Origin of the Claims

The videos, appearing on Instagram, Facebook, and TikTok beginning January 27, 2026, show content creators discussing alleged rejections of the ringgit at currency exchange services. Several accounts posted claims such as, “Malaysia is in shock. The ringgit is rejected worldwide, while the rupiah is in high demand in Saudi Arabia.”

The claim that Malaysian currency is being rejected abroad has been a recurring rumor since 2016. In 2016, currency exchange outlets in Bangkok and Jakarta denied the issue, stating they had no issues processing Ringgit transactions and maintained sufficient supplies, according to The New Straits Times.

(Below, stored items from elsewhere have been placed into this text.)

-- ===== src/Protocol/Flush.antt =====
-- `SendPacketFromQueue` as one pass over the queue.
use fp_jaringan_nirkabel.Base.{
  ℕ, zero, suc, ◌<◌, ◌≡◌, refl, sym, ap, ◌∙◌, subst, inl, inr, Bool, false, not, ◌&&◌, none, some,
  List, [], ◌∷◌, ◌++◌, if◌then◌else◌, map, arith, length, length-remove_if-le, All, All-remove_if,
  remove_if, remove_if_id, Bool-cases, Option-cases, OnSome,
}
use mathlib.Core.List.{append-nil, append_assoc}
use fp_jaringan_nirkabel.Net.{Time}
use fp_jaringan_nirkabel.RouteEntry.{Ipv4Route}
use fp_jaringan_nirkabel.RequestQueue.{
  RequestQueue, QueueEntry, ErrorCall, is_expired, has_destination, purge, drop_if, keep,
  take_first, dequeued, dequeue,
}
use fp_jaringan_nirkabel.RequestQueue.Bounds.{take_first-All}
use fp_jaringan_nirkabel.Protocol.{Node, Protocol, Output, dropped}
use fp_jaringan_nirkabel.Protocol.Queueing.{
  is_elsewhere, forward, put_before, send_loop, send_packet_from_queue,
}

module _ (node : Node) (dst : ℕ) (route : Ipv4Route) where
  -- The packets for the destination go out in their order, up to the first that was sent to another
  -- interface, which is lost; the others stay.
  abbrev pub flush : List QueueEntry → List QueueEntry × List Output
  flush [] = ([], [])
  flush (e ∷ es) =
      let (rest, out) = flush es in
      if has_destination dst e
      then if is_elsewhere node route e.packet.deferred_tag
        then (es, [])
        else (rest, forward route e ∷ out)
      else (e ∷ rest, out)

  -- Where no packet for the destination was sent to another interface.
  flush_undisturbed :
      (es : List QueueEntry)
      → All (λ e. has_destination dst e && is_elsewhere node route e.packet.deferred_tag ≡ false) es
      → flush es ≡ (
        remove_if (has_destination dst) es,
        map (forward route) (remove_if (λ e. not (has_destination dst e)) es),
      )
  flush_undisturbed [] h = refl
  flush_undisturbed (e ∷ es) h = ground (arith, flush_undisturbed es h.1)

  length-take_first :
      (es : List QueueEntry) → OnSome (take_first dst es) (λ r. length r.1 < length es)
  unfolding take_first keep
  length-take_first [] = tt
  length-take_first (e ∷ es) = elim (Bool-cases (has_destination dst e)) [
    | inl here ↦ rw here (omega arith)
    | inr other ↦ elim (Option-cases (take_first dst es)) [
      | inl nothing ↦ rw (other, nothing, keep) tt
      | inr ((x, rest), there) ↦
          let shorter : length rest < length es =
            subst (λ o. OnSome o (λ r. length r.1 < length es)) there (length-take_first es) in
          rw (other, there, keep) (omega arith)
    ]
  ]

  flush-take_first :
      (es : List QueueEntry)
      → flush es ≡ elim (take_first dst es) [
        | none ↦ (es, [])
        | some (e, rest) ↦
            if is_elsewhere node route e.packet.deferred_tag
            then (rest, [])
            else ((flush rest).0, forward route e ∷ (flush rest).1)
      ]
  unfolding take_first keep
  flush-take_first [] = refl
  flush-take_first (e ∷ es) = elim (Bool-cases (has_destination dst e)) [
    | inl here ↦ rw here refl
    | inr other ↦ elim (Option-cases (take_first dst es)) [
      | inl nothing ↦ rw (other, flush-take_first es, nothing, take_first, keep) refl
      | inr ((x, rest), there) ↦ elim (Bool-cases (is_elsewhere node route x.packet.deferred_tag)) [
        | inl lost ↦ rw (other, flush-take_first es, there, take_first, keep, lost) refl
        | inr sent ↦ rw (other, flush-take_first es, there, take_first, keep, sent, other) refl
      ]
    ]
  ]

drop_if-none :
    (p : QueueEntry → Bool) (es : List QueueEntry) → All (λ e. p e ≡ false) es → drop_if p es ≡ []
unfolding drop_if
drop_if-none p [] h = refl
drop_if-none p (e ∷ es) h = ground (arith, drop_if-none p es h.1)

-- The queue's packets that have not run out, and the error calls of the others.
abbrev pub live : Time → RequestQueue → List QueueEntry
live now q = remove_if (is_expired now) q.queue

abbrev pub expired : Time → RequestQueue → List ErrorCall
expired now q = drop_if (is_expired now) q.queue

module _ (node : Node) (now : Time) (dst : ℕ) (route : Ipv4Route) where
  dequeue_lem :
      (q : RequestQueue)
      → dequeue now dst q
        ≡ dequeued (record q { queue = live now q }) (expired now q) (take_first dst (live now q))
  unfolding dequeue purge
  dequeue_lem q = refl

  pub send_loop-flush :
      (fuel : ℕ) (q : RequestQueue)
      → length (live now q) < fuel
      → send_loop fuel node now dst route q
        ≡ some (
          record q { queue = (flush node dst route (live now q)).0 },
          map dropped (expired now q) ++ (flush node dst route (live now q)).1,
        )
  unfolding send_loop dequeued put_before
  send_loop-flush zero q enough = absurd (omega arith)
  send_loop-flush (suc fuel) q enough = elim (Option-cases (take_first dst (live now q))) [
    | inl nothing ↦
        let empty : dequeue now dst q ≡ (record q { queue = live now q }, expired now q, none) =
          dequeue_lem q ∙ rw (nothing, dequeued) refl in
        rw (flush-take_first node dst route (live now q), nothing, send_loop, empty)
          (ap (λ out. some (record q { queue = live now q }, out))
            (sym (append-nil (map dropped (expired now q)))))
    | inr ((e, rest), there) ↦
        let kept =
          subst
            (λ o.
              OnSome o
                (λ r. (is_expired now r.0 ≡ false) × All (λ e. is_expired now e ≡ false) r.1))
            there
            (take_first-All (λ e. is_expired now e ≡ false) dst (live now q)
              (All-remove_if (is_expired now) q.queue)) in
        let shorter : length rest < length (live now q) =
          subst (λ o. OnSome o (λ r. length r.1 < length (live now q))) there
            (length-take_first node dst route (live now q)) in
        let same : live now (record q { queue = rest }) ≡ rest =
          remove_if_id (is_expired now) rest kept.1 in
        let none_expired : expired now (record q { queue = rest }) ≡ [] =
          drop_if-none (is_expired now) rest kept.1 in
        let ih =
          send_loop-flush fuel (record q { queue = rest }) (rw same (omega (arith, shorter))) in
        let taken : dequeue now dst q ≡ (record q { queue = rest }, expired now q, some e) =
          dequeue_lem q ∙ rw (there, dequeued) refl in
        elim (Bool-cases (is_elsewhere node route e.packet.deferred_tag)) [
          | inl lost ↦
              rw (flush-take_first node dst route (live now q), there, send_loop, lost, taken)
                (ap (λ out. some (record q { queue = rest }, out))
                  (sym (append-nil (map dropped (expired now q)))))
          | inr sent ↦
              rw
                (
                  flush-take_first node dst route (live now q),
                  there,
                  send_loop,
                  sent,
                  taken,
                  ih,
                  same,
                  none_expired,
                  put_before,
                  taken,
                )
                (ap (λ out. some (record q { queue = (flush node dst route rest).0 }, out))
                  (append_assoc (map dropped (expired now q)) (forward route e ∷ [])
                    (flush node dst route rest).1))
        ]
  ]

  -- `SendPacketFromQueue` returns: no packet of the queue is visited twice. The packets that have run
  -- out are dropped first; of the others, those for the destination go out in their order with the
  -- route's source, up to the first that was sent to another interface, which is lost; every other
  -- packet stays in the queue.
  pub send_packet_from_queue-flush :
      {D : Type 0} (s : Protocol D)
      → send_packet_from_queue node now dst route s
        ≡ some (
          record s {
            queue = record s.queue { queue = (flush node dst route (live now s.queue)).0 };
          },
          map dropped (expired now s.queue) ++ (flush node dst route (live now s.queue)).1,
        )
  unfolding send_packet_from_queue
  send_packet_from_queue-flush s =
      rw
        (send_loop-flush (suc (length s.queue.queue)) s.queue
          (omega (arith, length-remove_if-le (is_expired now) s.queue.queue)))
        refl

  -- Where no packet for the destination was sent to another interface, all of them that have not run
  -- out go out, in their order, and the queue keeps exactly the packets for other destinations.
  pub send_packet_from_queue_undisturbed :
      {D : Type 0} (s : Protocol D)
      → All
          (λ e. has_destination dst e && is_elsewhere node route e.packet.deferred_tag ≡ false)
          (live now s.queue)
      → send_packet_from_queue node now dst route s
        ≡ some (
          record s {
            queue = record s.queue { queue = remove_if (has_destination dst) (live now s.queue) };
          },
          map dropped (expired now s.queue)
              ++ map
                  (forward route)
                  (remove_if (λ e. not (has_destination dst e)) (live now s.queue)),
        )
  send_packet_from_queue_undisturbed s h =
      send_packet_from_queue-flush s
      ∙ rw (flush_undisturbed node dst route (live now s.queue) h) refl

Investigations revealed the claim originated from a TikTok post by syafirulizwan in 2022, with similar videos appearing on the account cikguqiqin that same year. Both creators referenced an article on the Kosmo website discussing the issue of currency exchange refusal.

Economic Analysis

Adhitya Wardhono, a lecturer at the Faculty of Economics and Business, University of Jember, believes the narrative lacks a solid basis, stating no authority has issued a policy to block specific currencies. He explained that currency exchange operators can choose to accept or reject currencies based on demand, liquidity, operational costs, and risk management.

Esther Sri Astuti, Executive Director of the Institute for Development of Economics and Finance (Indef), also deemed the claim inaccurate, citing observed economic progress in Malaysia during a recent visit.

Rupiah and Ringgit Performance

Contrary to the claims, the ringgit was the best performing currency in 2025, according to Free Malaysia Today. Meanwhile, the rupiah exchange rate weakened against neighboring currencies in early 2026.

From the beginning of 2026 until January 21, 2026, the rupiah fell 2.98 percent against the Thai baht, 1.95 percent against the Malaysian ringgit, and 1.78 percent against the Singapore dollar, as reported by CNBC Indonesia. On February 6, 2026, it took Rp4,270 to obtain 1 MYR.

Teuku Riefky, a macroeconomic and financial market researcher at the University of Indonesia, also stated the social media narrative was incorrect, noting the Malaysian ringgit exchange rate is relatively stable despite slower economic growth compared to Indonesia. He attributed Indonesian currency instability to poor market transparency and policy uncertainty, leading to capital outflows.

Tempo’s verification concluded that the narrative claiming the Malaysian ringgit is rejected in various countries while the rupiah is in high demand is false. The content originated on social media in 2022, and the rupiah has tended to weaken against the ringgit over the past year.